Once all column data is encoded, it's written to Google’s distributed file system — Colossus. More decisions must be made at this time, the most important one being how to shard the input data. A shard is a unit of processing at query time. We don’t want too few shards, because we would like to take advantage of distributed processing capabilities of BigQuery, processing a table in parallel using potentially thousands of machines — each one reading individual shards. But we also don’t want too many shards, because every unit of storage and processing has constant overhead. Future query patterns influence the sharding strategy as well. Queries that will read lots of columns may benefit from smaller shards, but queries that read only few might be better of with larger shards. Again, BigQuery has a model that evaluates all of the different factors, and comes up with an ideal number of shards.

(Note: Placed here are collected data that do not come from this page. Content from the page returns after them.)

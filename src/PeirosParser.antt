-- ===== src/PeirosParser.antt =====
-- modules/module-peiros/PeirosParser.cpp: the parser of the requests of a peiros client, and their
-- printing. The text has its characters as codes; isprint() and isspace() are those of the C locale,
-- and no character is behind the end of the text but the zero byte.
pub mod Termination
pub mod Lines
pub mod Heads
pub mod HeaderLines
pub mod Maps
pub mod Requests
pub mod Sound
pub mod Blank
pub mod Printed
pub mod Streams
pub mod Rounds
pub mod Messages
mod Tests
use nepenthes.Base.{
  ℕ, zero, suc, ◌+◌, ◌*◌, ◌%◌, ◌^◌, ◌==◌, ltb, leb, if◌then◌else◌, not, Bool, true, false, ◌&&◌,
  ◌||◌, List, [], ◌∷◌, ◌++◌, length, take, drop, codes, starts_with, str_eq, Outcome, done, running,
  fault, ◌>>=◌,
}

-- A map from names to values, in the order of the names.
abbrev pub Headers : Type 0
Headers = List (List ℕ × List ℕ)

pub record PeirosRequest : Type 0 where
  pub command : List ℕ
  pub resource : List ℕ
  pub headers : Headers
  pub appended_data : List ℕ
  pub appended_length : ℕ

pub record PeirosParser : Type 0 where
  pub in_buffer : List ℕ
  pub malformed : Bool
  pub requests : List PeirosRequest
  pub current : PeirosRequest

pub is_print : ℕ → Bool
is_print c = leb 32 c && leb c 126

pub is_space : ℕ → Bool
is_space c = c == 32 || leb 9 c && leb c 13

-- a < b
pub comes_before : List ℕ → List ℕ → Bool
comes_before a [] = false
comes_before [] (y ∷ b) = true
comes_before (x ∷ a) (y ∷ b) = if x == y then comes_before a b else ltb x y

-- headers[name] = value
pub put : List ℕ → List ℕ → Headers → Headers
put name value [] = (name, value) ∷ []
put name value (h ∷ headers) =
    let rest = put name value headers in
    if str_eq name h.0
    then (name, value) ∷ headers
    else (if comes_before name h.0 then (name, value) ∷ (h ∷ headers) else h ∷ rest)

abbrev pub blank_line : List ℕ
blank_line = 13 ∷ 10 ∷ 13 ∷ 10 ∷ []

-- m_inBuffer.find("\r\n\r\n") != npos
pub has_blank_line : List ℕ → Bool
has_blank_line [] = false
has_blank_line (c ∷ text) = starts_with blank_line (c ∷ text) || has_blank_line text

-- What the loop over the command line has read, and whether the line is well formed.
pub record CommandLine : Type 0 where
  pub ok : Bool
  pub command : List ℕ
  pub resource : List ℕ
  pub count : ℕ

-- One character goes to the command, or behind a blank to the resource.
pub push_back : Bool → ℕ → CommandLine → CommandLine
push_back true c l = record l { resource = l.resource ++ (c ∷ []); count = (l.count + 1) % 2 ^ 16 }
push_back false c l = record l { command = l.command ++ (c ∷ []); count = (l.count + 1) % 2 ^ 16 }

pub read_command : Bool → CommandLine → List ℕ → CommandLine
read_command in_resource l [] = record l { ok = false }
read_command in_resource l (c ∷ text) = elim (c == 13) [
  | true ↦ record l { ok = starts_with (10 ∷ []) text }
  | false ↦ elim (c == 32) [
    | true ↦ read_command true (record l { count = (l.count + 1) % 2 ^ 16 }) text
    | false ↦ elim (c == 10 || c == 9 || not (is_print c)) [
      | true ↦ record l { ok = false }
      | false ↦ read_command in_resource (push_back in_resource c l) text
    ]
  ]
]

-- The command and the resource stay changed when the line is not well formed.
pub parse_command : PeirosParser → Bool × PeirosParser
parse_command p =
    let l =
      read_command false (record { ok = true; command = []; resource = []; count = 0 })
        p.in_buffer in
    (
      l.ok,
      record p {
        in_buffer = if l.ok then drop (l.count + 2) p.in_buffer else p.in_buffer;
        current = record p.current { command = l.command; resource = l.resource };
      },
    )

pub data Status : Type 0 where
  seek_header read_header seek_val read_val seek_newline : Status

-- The variables of the loop over the headers.
pub record Reading : Type 0 where
  pub status : Status
  pub header : List ℕ
  pub value : List ℕ
  pub request : PeirosRequest

pub data Move : Type 0 where
  go_on : Reading → Move
  leave give_up : Move

pub is_empty : List ℕ → Bool
is_empty [] = true
is_empty (c ∷ text) = false

-- What is read is erased, and a line feed has to follow.
pub behind_headers : PeirosParser → Bool × PeirosRequest × ℕ → Bool × PeirosParser
behind_headers p (false, q, count) = (false, record p { current = q })
behind_headers p (true, q, count) =
    let text = drop count p.in_buffer in
    if starts_with (10 ∷ []) text
    then (true, record p { in_buffer = drop 1 text; current = q })
    else (false, record p { in_buffer = text; current = q })

-- The part behind the head: the data, and the end of the request.
pub parse_body : PeirosParser → Bool × PeirosParser
parse_body p =
    let ended = λ (q : PeirosRequest). record q { command = []; headers = [] } in
    let size = p.current.appended_length in
    let q = record p.current { appended_data = take size p.in_buffer } in
    if size == 0
    then (true, record p { current = ended p.current })
    else (if ltb (length p.in_buffer) size then (false, p) else (
      true,
      record p {
        in_buffer = drop size p.in_buffer;
        requests = p.requests ++ (q ∷ []);
        current = ended q;
      },
    ))

module _ (atoi : List ℕ → ℕ) where
  pub store_header : List ℕ → List ℕ → PeirosRequest → PeirosRequest
  store_header name value q =
      if str_eq name (codes "Content-length")
      then record q { appended_length = atoi value }
      else record q { headers = put name value q.headers }

  -- The switch.
  pub in_status : Status → Reading → ℕ → Move
  in_status seek_header r c =
      if c == 13
      then leave
      else (if is_space c
          then go_on r
          else go_on (record r { header = c ∷ []; status = read_header }))
  in_status read_header r c =
      if c == 58
      then go_on (record r { status = seek_val })
      else go_on (record r { header = r.header ++ (c ∷ []) })
  in_status seek_val r c =
      if is_space c then go_on r else go_on (record r { value = c ∷ []; status = read_val })
  in_status read_val r c =
      if c == 13
      then go_on (record r { status = seek_newline })
      else go_on (record r { value = r.value ++ (c ∷ []) })
  in_status seek_newline r c =
      if c == 10
      then go_on
          (record r { status = seek_header; request = store_header r.header r.value r.request })
      else give_up

  pub move : Reading → ℕ → Move
  move r c = if is_print c || is_space c then in_status r.status r c else give_up

  -- The loop: whether the headers end well, the request, and how many characters were read.
  pub read_headers : Reading → ℕ → List ℕ → Bool × PeirosRequest × ℕ
  read_headers r count [] = (false, r.request, count)
  read_headers r count (c ∷ text) = elim (move r c) [
    | go_on r' ↦ read_headers r' ((count + 1) % 2 ^ 16) text
    | leave ↦ (true, r.request, (count + 1) % 2 ^ 16)
    | give_up ↦ (false, r.request, count)
  ]

  pub parse_headers : PeirosParser → Bool × PeirosParser
  parse_headers p = behind_headers p (
      read_headers (record { status = seek_header; header = []; value = []; request = p.current }) 0
        p.in_buffer)

  -- !parseCommand() || !parseHeaders(), negated
  pub parse_head : PeirosParser → Bool × PeirosParser
  parse_head p =
      let (ok, p') =
        parse_command (record p { current = record p.current { appended_length = 0 } }) in
      if ok then parse_headers p' else (false, p')

  -- A request that no data is appended to is complete behind its head; the next call ends it.
  pub behind_head : Bool × PeirosParser → Bool × PeirosParser
  behind_head (false, p) = (false, record p { malformed = true })
  behind_head (true, p) =
      if p.current.appended_length == 0
      then (true, record p { requests = p.requests ++ (p.current ∷ []) })
      else parse_body p

  pub parse_request : PeirosParser → Bool × PeirosParser
  parse_request p =
      if is_empty p.current.command
      then (if has_blank_line p.in_buffer then behind_head (parse_head p) else (false, p))
      else parse_body p

  -- while(!m_malformed && parseRequest());
  pub parse_loop : ℕ → PeirosParser → Outcome PeirosParser
  parse_loop zero p = running
  parse_loop (suc fuel) p = elim p.malformed [
    | true ↦ done p
    | false ↦
        (let (more, p') = parse_request p in
          elim more [ true ↦ parse_loop fuel p' | false ↦ done p' ])
  ]

  pub parse_data : PeirosParser → List ℕ → Outcome (Bool × PeirosParser)
  parse_data p data' = do
    let buffer = p.in_buffer ++ data'
    p' ← parse_loop (2 * length buffer + 2) (record p { in_buffer = buffer; malformed = false })
    done (not p'.malformed, p')

-- getRequest, on a list that must not be empty.
pub get_request : PeirosParser → Outcome (PeirosRequest × PeirosParser)
get_request p = elim p.requests [
  | [] ↦ fault
  | q ∷ requests ↦ done (q, record p { requests = requests })
]

pub header_line : List ℕ × List ℕ → List ℕ
header_line h = h.0 ++ (codes ": " ++ (h.1 ++ (13 ∷ 10 ∷ [])))

pub header_lines : Headers → List ℕ
header_lines [] = []
header_lines (h ∷ headers) = header_line h ++ header_lines headers

pub resource_part : List ℕ → List ℕ
resource_part [] = []
resource_part (c ∷ resource) = 32 ∷ c ∷ resource

module _ (print : ℕ → List ℕ) where
  pub length_line : List ℕ → List ℕ
  length_line [] = []
  length_line (c ∷ data') = header_line (codes "Content-length", print (length (c ∷ data')))

  pub render_request : PeirosRequest → List ℕ
  render_request q =
      q.command
      ++ (resource_part q.resource
          ++ (13
              ∷ 10
              ∷ (header_lines q.headers
                  ++ (length_line q.appended_data ++ (13 ∷ 10 ∷ q.appended_data)))))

When data is sent to Colossus for permanent storage, all of it is encrypted. There are many levels of defense against unauthorized access in Google Cloud Platform, and 100% of data being encrypted at rest is one of them.
Colossus is a reliable and fault tolerant file system, leveraging techniques such as Reed Solomon codes to ensure that data is never lost. In addition, immediately upon writing data to Colossus, BigQuery starts the geo-replication process, mirroring all the data into different data centers around the specified jurisdiction, be it US or EU. Having data in multiple data centers enables the highest availability, in case one data center is temporarily unavailable, and also helps query load balancing.
For Cloud Platform users, all this encoding, encryption and replication are already included in the price of BigQuery storage!
It doesn’t end here. BigQuery has background processes that constantly look at all the stored data and check if it can be optimized even further. Perhaps initially data was loaded in small chunks, and without seeing all the data, some decisions were not globally optimal. Or perhaps some parameters of the system have changed, and there are new opportunities for storage restructuring. Or perhaps, Capacitor models got more trained and tuned, and it possible to enhance existing data. Whatever the case might be, when the system detects an opportunity to improve storage, it kickstarts data conversion tasks. These tasks do not compete with queries for resources, they run completely in parallel, and don’t degrade query performance. Once the new, optimized storage is complete, it atomically replaces old storage data — without interfering with running queries. Old data will be garbage-collected later.
BigQuery performs all this maintenance behind the scenes, and it's completely invisible to you, and free of charge, both money and performance. BigQuery is a true NoOps service — it lets you focus on solving your business problems, and takes care of managing the rest for you!